Perché le donne si truccano? Perché si tingono, si imbellettano, si fasciano e stringono fino a farsi male, innalzandosi per meglio dondolare a colpi di impegnativi e dolorosi tacchi a spillo? Perché alterano i loro connotati e si mascherano? Perché sentono il bisogno di sembrare diverse, di apparire sempre giovani e belle: non è anche questa una forma di artificio, dissimulazione e menzogna? Quanto questa sistematica alterazione delle forme e dei connotati, delle apparenze e delle sembianze, influenza, si trasmette, contagia, come risultato, anche la mentalità, il modo di essere, di pensare, di relazionarsi a sé stesse, agli altri, al mondo?

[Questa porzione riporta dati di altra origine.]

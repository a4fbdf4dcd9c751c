-- ===== src/Config/Leaders/Unique.antt =====
-- What it means that `checkOneLeader` of Task5/raft/config.go passes with a server.
use unique_freshman.Prelude.{
  ℕ, zero, suc, ◌≤◌, ◌<◌, ◌≡◌, refl, sym, ap, ◌∙◌, subst, ℤ, minus_one, ◌≤ℤ◌, ◌<ℤ◌, ltb, ltb_ℤ,
  eqb_ℤ, Bool, true, false, List, [], ◌∷◌, ◌++◌, Option, none, some, if◌then◌else◌, length,
  get_elem?, arith, inl, inr, append_assoc, append-nil,
}
use unique_freshman.Raft.Types.{Raft}
use unique_freshman.Raft.State.{get_state}
use unique_freshman.Config.{
  Check, passed, panicked, Check-cases, failed-ne-passed, panicked-ne-passed,
}
use unique_freshman.Config.Leaders.{
  LeaderMap, add_leader, leaders_of, last_term_with_leader, find_leaders, check_rounds, leading,
  AllRun,
}

pub leaders_of-add_leader :
    (u t : ℤ) (i : ℕ) (m : LeaderMap)
    → leaders_of u (add_leader t i m)
      ≡ (if eqb_ℤ t u then leaders_of u m ++ i ∷ [] else leaders_of u m)
unfolding leaders_of add_leader
leaders_of-add_leader u t i [] = ground arith
leaders_of-add_leader u t i ((v, is) ∷ m) = ground (arith, leaders_of-add_leader u t i m)

module _ {Bytes Command : Type 0} where
  pub find_leaders-leading :
      (u : ℤ) (i : ℕ) (m m' : LeaderMap) (servers : List (Bool × Option (Raft Bytes Command)))
      → find_leaders i m servers ≡ passed m'
      → leaders_of u m' ≡ leaders_of u m ++ leading u i servers
  unfolding find_leaders leading
  find_leaders-leading u i m m' [] h =
      let same : m ≡ m' = ground arith in rw (append-nil (leaders_of u m), same) refl
  find_leaders-leading u i m m' ((false, rf) ∷ servers) h =
      find_leaders-leading u (suc i) m m' servers h
  find_leaders-leading u i m m' ((true, none) ∷ servers) h = absurd (ground arith)
  find_leaders-leading u i m m' ((true, some rf) ∷ servers) h =
      let next : LeaderMap = if (get_state rf).1 then add_leader rf.current_term i m else m in
      ground (
        arith,
        find_leaders-leading u (suc i) next m' servers h,
        leaders_of-add_leader u rf.current_term i m,
        append_assoc (leaders_of u m) (i ∷ []) (leading u (suc i) servers),
      )

-- No entry lists two servers, and none is of a later term than the last.
last_term-bounds :
    (last out : ℤ) (m : LeaderMap)
    → last_term_with_leader last m ≡ passed out
    → (last ≤ℤ out) × ((u : ℤ) → (length (leaders_of u m) ≤ 1) × (out <ℤ u → leaders_of u m ≡ []))
unfolding last_term_with_leader leaders_of
last_term-bounds last out [] h = (ground arith, λ u. (omega arith, λ _. refl))
last_term-bounds last out ((t, is) ∷ m) h =
    let later : ℤ = if ltb_ℤ last t then t else last in
    let few : ltb 1 (length is) ≡ false = ground arith in
    let rest : last_term_with_leader later m ≡ passed out = ground arith in
    let (low, all) = last_term-bounds later out m rest in
    (ground (arith, low), λ u. (ground (arith, all u), λ beyond. ground (arith, low, all u)))

pub head_of :
    (i : ℕ) (last : ℤ) (m : LeaderMap)
    → (elim (leaders_of last m) as (λ _. Check ℕ) [ [] ↦ panicked | j ∷ is ↦ passed j ]) ≡ passed i
    → (is : List ℕ) × (leaders_of last m ≡ i ∷ is)
head_of i last m h = pick (leaders_of last m) h
  where
    pick :
        (l : List ℕ)
        → (elim l as (λ _. Check ℕ) [ [] ↦ panicked | j ∷ is ↦ passed j ]) ≡ passed i
        → (is : List ℕ) × (l ≡ i ∷ is)
    pick [] e = absurd (ground arith)
    pick (j ∷ is) e = (is, ground arith)

no_more : (i : ℕ) (is : List ℕ) → length (i ∷ is) ≤ 1 → is ≡ []
no_more i [] h = refl
no_more i (j ∷ is) h = absurd (omega arith)

module _ {Bytes Command : Type 0} where
  -- The servers of a round in which one leads in the latest term, which is -1 or later, and no term
  -- has two leaders. The connected ones run.
  pub record OneLeader (i : ℕ) (servers : List (Bool × Option (Raft Bytes Command))) : Type 0 where
    pub term : ℤ
    pub alone : leading term 0 servers ≡ i ∷ []
    pub latest : (u : ℤ) → term <ℤ u → leading u 0 servers ≡ []
    pub unique : (u : ℤ) → length (leading u 0 servers) ≤ 1
    pub runs : AllRun servers
    pub from_start : minus_one ≤ℤ term

  pub find_leaders-AllRun :
      (i : ℕ) (m m' : LeaderMap) (servers : List (Bool × Option (Raft Bytes Command)))
      → find_leaders i m servers ≡ passed m'
      → AllRun servers
  unfolding find_leaders
  find_leaders-AllRun i m m' [] h = tt
  find_leaders-AllRun i m m' ((false, rf) ∷ servers) h = find_leaders-AllRun (suc i) m m' servers h
  find_leaders-AllRun i m m' ((true, none) ∷ servers) h = absurd (ground arith)
  find_leaders-AllRun i m m' ((true, some rf) ∷ servers) h =
      find_leaders-AllRun (suc i) _ m' servers h

  pub one_leader :
      (i : ℕ) (is : List ℕ) (last : ℤ) (m : LeaderMap)
      (servers : List (Bool × Option (Raft Bytes Command)))
      → find_leaders 0 [] servers ≡ passed m
      → last_term_with_leader minus_one m ≡ passed last
      → leaders_of last m ≡ i ∷ is
      → OneLeader i servers
  one_leader i is last m servers found end here =
      let same : (u : ℤ) → leaders_of u m ≡ leading u 0 servers =
        λ u. unfold leaders_of in find_leaders-leading u 0 [] m servers found in
      let (low, all) = last_term-bounds minus_one last m end in
      record {
        term = last;
        alone =
            sym (same last)
            ∙ here
            ∙ ap (λ l. i ∷ l) (no_more i is (subst (λ l. length l ≤ 1) here (all last).0));
        latest = λ u later. sym (same u) ∙ (all u).1 later;
        unique = λ u. rw (← same u) (all u).0;
        runs = find_leaders-AllRun 0 [] m servers found;
        from_start = low;
      }

  pub no_leader_seen :
      (u : ℤ) (servers : List (Bool × Option (Raft Bytes Command)))
      → find_leaders 0 [] servers ≡ passed []
      → leading u 0 servers ≡ []
  unfolding leaders_of
  no_leader_seen u servers found = sym (find_leaders-leading u 0 [] [] servers found)

  -- If the rounds of `checkOneLeader` pass with a server, they have seen it in a round as the only connected leader
  -- of a term, with no connected leader of a later term, and no two of any term; and no server led in
  -- the rounds before.
  pub check_rounds-OneLeader :
      (rounds : List (List (Bool × Option (Raft Bytes Command)))) (i : ℕ)
      → check_rounds rounds ≡ passed i
      → (k : ℕ) × (servers : List (Bool × Option (Raft Bytes Command))) × (get_elem? rounds k
          ≡ some servers)
        × OneLeader i servers
        × ((l : ℕ) (before : List (Bool × Option (Raft Bytes Command))) (u : ℤ)
            → l < k
            → get_elem? rounds l ≡ some before
            → leading u 0 before ≡ [])
  unfolding check_rounds
  check_rounds-OneLeader [] i h = absurd (ground arith)
  check_rounds-OneLeader (servers ∷ rounds) i h = elim (Check-cases (find_leaders 0 [] servers)) [
    | inl ([], found) ↦
        let (k, seen, there, one, before) =
          check_rounds-OneLeader rounds i (rw (found, check_rounds) at h) in
        (suc k, seen, there, one, earlier k found before)
    | inl (entry ∷ m, found) ↦ elim (Check-cases (last_term_with_leader minus_one (entry ∷ m))) [
      | inl (last, end) ↦
          let (is, here) = head_of i last (entry ∷ m) (rw (found, check_rounds, end) at h) in
          (
            0,
            servers,
            refl,
            one_leader i is last (entry ∷ m) servers found end here,
            λ l before u below. absurd (omega arith),
          )
      | inr (inl bad) ↦ absurd (failed-ne-passed (rw (found, check_rounds, bad) at h))
      | inr (inr bad) ↦ absurd (panicked-ne-passed (rw (found, check_rounds, bad) at h))
    ]
    | inr (inl bad) ↦ absurd (failed-ne-passed (rw (bad, check_rounds) at h))
    | inr (inr bad) ↦ absurd (panicked-ne-passed (rw (bad, check_rounds) at h))
  ]
    where
      earlier :
          (k : ℕ)
          → find_leaders 0 [] servers ≡ passed []
          → ((l : ℕ) (before : List (Bool × Option (Raft Bytes Command))) (u : ℤ)
              → l < k
              → get_elem? rounds l ≡ some before
              → leading u 0 before ≡ [])
          → (l : ℕ) (before : List (Bool × Option (Raft Bytes Command))) (u : ℤ) → l < suc k
          → get_elem? (servers ∷ rounds) l ≡ some before
          → leading u 0 before ≡ []
      earlier k found more zero before u below there =
          let same : servers ≡ before = ground arith in
          subst (λ s. leading u 0 s ≡ []) same (no_leader_seen u servers found)
      earlier k found more (suc l) before u below there = more l before u (omega arith) there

Se le donne sono tranquille sulla loro appartenenza a una  identità di genere, se la vivono a loro agio, perché sentono il bisogno di rafforzarla con espedienti e artifici, con tinte e protesi, supporti e cornici? Personalizzare, valorizzare, dotarsi  di  un gradevole appeal è cosa per tutte e tutti lecita e comprensibile: ma quanto la cura del corpo e del viso, un programmatico correggersi e modificarsi sono invece frutto di una coazione all’obbligo di piacere che poco ha a che fare con il desiderio di stare a proprio agio nel mondo?

 
Perché una donna – non tutte, ovviamente, ma un loro numero prevalente – impiega un'ora o più, prima di uscire da casa, a curarsi, sistemarsi, truccarsi, abbigliarsi, per poi camminare sul marciapiedi a occhi fissi davanti a sé o caparbiamente rivolti a terra, disdegnando quelli maschili per i quali si è imposta quel prolungato lavoro? In questa coazione alla recita e al teatro,  quanto c’è di natura e quanto di cultura, quanto di obbligo e quanto di libertà e reale autonomia? Perché la donna nasce con il destino segnato di dover piacere a tutti i costi, indiscriminatamente e a prescindere, per poi ritrarsi sdegnosamente come se avesse a che fare con una mentalità maschile insopportabilmente predona e mascalzona, che poi invece è lei stessa a  plasmare e a stuzzicare?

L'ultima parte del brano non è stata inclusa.